Saturday, March 16, 2013

As Cities Grow: Buenos Aires

Becket, March 16, 2013

The new Pope is originally from the Buenos Aires neighborhood of Flores.  A very interesting part of the city, one of two towns (Belgrano is the other) that grew independent from the city core and was only absorbed by the larger fabric in the earlier part of the 20th century.

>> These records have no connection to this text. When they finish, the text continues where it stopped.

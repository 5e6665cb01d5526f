-- ===== src/PerfGate/Laws/Exit.antt =====
-- The exit status of tools/perf/perf_gate.py against the pairs that were kept.
use text.Mathlib.Text.{◌==◌ as str_eq}
use antfarm.Prelude.{
  ◌≤◌, ◌<◌, ◌≡◌, ◌↔◌, inl, inr, refl, Bool, true, false, ◌||◌, List, [], ◌∷◌, Option, none, some,
  arith, length, Bool-cases, subst, All, String,
}
use antfarm.PerfGate.Floats.{Floats}
use antfarm.PerfGate.Campaign.{Pair, Cell, Runs, Measured, measured, failed, measure_cell}
use antfarm.PerfGate.Report.{
  Decision, inconclusive_work, is_insufficient, CellName, Gate, classify, check_fractions,
  cell_decision, Item, report_cell, run_cells, some_insufficient, exit_status, exit_of,
}

module _ (N : Floats) (g : Gate N) where
  classify-insufficient :
      (ps : List (Pair N))
      → 0 < g.repeats
      → (is_insufficient (classify N g ps) ≡ false) ↔ (g.repeats ≤ length ps)
  unfolding classify
  classify-insufficient [] pos = (λ h. cc, λ h. absurd (omega arith))
  classify-insufficient (p ∷ ps) pos = (λ h. ground arith, λ h. ground arith)

  cell_decision-other :
      (mode : String) (ps : List (Pair N))
      → str_eq mode "tree-cancel" ≡ false
      → cell_decision N g mode ps ≡ classify N g ps
  unfolding cell_decision
  cell_decision-other mode [] e = refl
  cell_decision-other mode (p ∷ ps) e = rw e

  -- Every cell of another mode than tree-cancel.
  abbrev OtherModes : List CellName → Type 0
  OtherModes ns = All (λ n. str_eq n.mode "tree-cancel" ≡ false) ns

  abbrev AllKept : List (Item N) → Type 0
  AllKept is = All (λ i. g.repeats ≤ length i.kept) is

  abbrev Sufficient : Option (List (Item N)) → Type 0
  Sufficient none = Unit
  Sufficient (some is) = (some_insufficient N is ≡ false) ↔ AllKept is

  or_false_iff :
      {A B : Type 0} (a b : Bool) → (a ≡ false) ↔ A → (b ≡ false) ↔ B → ((a || b) ≡ false) ↔ (A × B)
  or_false_iff true b f h = (λ e. cc, λ p. cc (f.1 p.0))
  or_false_iff false b f h = (λ e. (f.0 refl, h.0 e), λ p. h.1 p.1)

  report_cell-sufficient :
      (n : CellName) (s : Cell N)
      → 0 < g.repeats
      → str_eq n.mode "tree-cancel" ≡ false
      → (is_insufficient (report_cell N g n s).decision ≡ false)
        ↔ (g.repeats ≤ length (report_cell N g n s).kept)
  unfolding report_cell
  report_cell-sufficient n s pos other =
      rw (cell_decision-other n.mode s.pairs other) (classify-insufficient s.pairs pos)

  run_cells-Sufficient :
      (runs : CellName → Runs N) (ns : List CellName)
      → 0 < g.repeats
      → OtherModes ns
      → Sufficient (run_cells N g runs ns)
  unfolding run_cells some_insufficient
  run_cells-Sufficient runs [] pos other = (λ e. tt, λ h. refl)
  run_cells-Sufficient runs (n ∷ ns) pos other =
      go (measure_cell N (runs n) g.repeats g.max_attempts) (run_cells N g runs ns)
        (run_cells-Sufficient runs ns pos other.1)
    where
      go :
          (m : Measured N) (rest : Option (List (Item N)))
          → Sufficient rest
          → Sufficient (elim m [
            | failed ↦ none
            | measured s ↦ elim rest [ none ↦ none | some is ↦ some (report_cell N g n s ∷ is) ]
          ])
      go failed rest h = tt
      go (measured s) none h = tt
      go (measured s) (some is) h =
          or_false_iff (is_insufficient (report_cell N g n s).decision) (some_insufficient N is)
            (report_cell-sufficient n s pos other.0) h

exit_of-zero :
    (N : Floats) (g : Gate N) (missing : List String) (is : List (Item N))
    → (some_insufficient N is ≡ false) ↔ AllKept N g is
    → (exit_of N missing (some is) ≡ 0) ↔ ((missing ≡ []) × AllKept N g is)
unfolding exit_of
exit_of-zero N g (m ∷ ms) is enough = (λ h. absurd (omega arith), λ h. cc h.0)
exit_of-zero N g [] is enough = elim (Bool-cases (some_insufficient N is)) [
  | inl lack ↦ rw lack (λ h. absurd (omega arith), λ h. cc (enough.1 h.1))
  | inr full ↦ rw full (λ h. (refl, enough.0 full), λ h. refl)
]

-- Without a tree-cancel cell the exit status is 0 exactly when no build lacks a mode and every cell
-- kept as many clean pairs as were asked for.
pub exit_status-zero :
    (N : Floats) (g : Gate N) (runs : CellName → Runs N) (missing : List String)
    (ns : List CellName) (is : List (Item N))
    → 0 < g.repeats
    → All (λ n. str_eq n.mode "tree-cancel" ≡ false) ns
    → run_cells N g runs ns ≡ some is
    → (exit_status N g runs missing ns ≡ 0)
      ↔ ((missing ≡ []) × All (λ i. g.repeats ≤ length i.kept) is)
unfolding exit_status
exit_status-zero N g runs missing ns is pos other e = rw e (
    exit_of-zero N g missing is
      (subst (Sufficient N g) e (run_cells-Sufficient N g runs ns pos other)))

check_fractions_missing :
    (N : Floats) (g : Gate N) (p : Pair N) (ps : List (Pair N)) (d : Decision)
    → p.base_row.dispatched_fraction ≡ none
    → check_fractions N g (p ∷ ps) d ≡ inconclusive_work
unfolding check_fractions
check_fractions_missing N g p ps d h = rw h

run_cells_one :
    (N : Floats) (g : Gate N) (runs : CellName → Runs N) (n : CellName) (s : Cell N)
    → measure_cell N (runs n) g.repeats g.max_attempts ≡ measured s
    → run_cells N g runs (n ∷ []) ≡ some (report_cell N g n s ∷ [])
unfolding run_cells
run_cells_one N g runs n s ran = rw (ran, run_cells)

-- A tree-cancel cell hides a lack of pairs: with a kept pair, the first, whose base row has no
-- dispatched fraction, the exit status is 0 however few of the pairs asked for were kept.
pub tree_cancel-exit_status :
    (N : Floats) (g : Gate N) (runs : CellName → Runs N) (n : CellName) (s : Cell N) (p : Pair N)
    (ps : List (Pair N))
    → str_eq n.mode "tree-cancel" ≡ true
    → measure_cell N (runs n) g.repeats g.max_attempts ≡ measured s
    → s.pairs ≡ p ∷ ps
    → p.base_row.dispatched_fraction ≡ none
    → length s.pairs < g.repeats
    → exit_status N g runs [] (n ∷ []) ≡ 0
unfolding exit_status
tree_cancel-exit_status N g runs n s p ps tree ran kept unknown few =
    rw (run_cells_one N g runs n s ran) (unfold exit_of some_insufficient report_cell in rw decided)
  where
    decided : cell_decision N g n.mode s.pairs ≡ inconclusive_work
    decided = rw kept (
        unfold cell_decision in
        rw tree (check_fractions_missing N g p ps (classify N g (p ∷ ps)) unknown))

There is a beautiful 1892 map of Buenos Aires that shows the foundational grid of the city to the east, with finger-like extensions projecting out from the original rectangle.  It has already absorbed the neighborhood of La Boca to the south (a fiercely independent area of Genoese immigrants that a decade earlier had gone as far as to briefly secede from Argentina and raise the Genoese flag.)  But Belgrano to the north and Flores to the west were still independent towns, separated from the core by a largely rural landscape and connected by road and rail.  Actually the very first train line established in Argentina, with its legendary "La Portena" engine, linked downtown with Flores.  Both Belgrano and Flores (also the case with La Boca) developed their grids with local, independent geometries.

In 1898 Ebenezer Howard published his "To-morrow: A Peaceful Path to Real Reform" where he first described his concept for the Garden City.  Not very different from the Buenos Aires shown on the 1892 map, don't you think?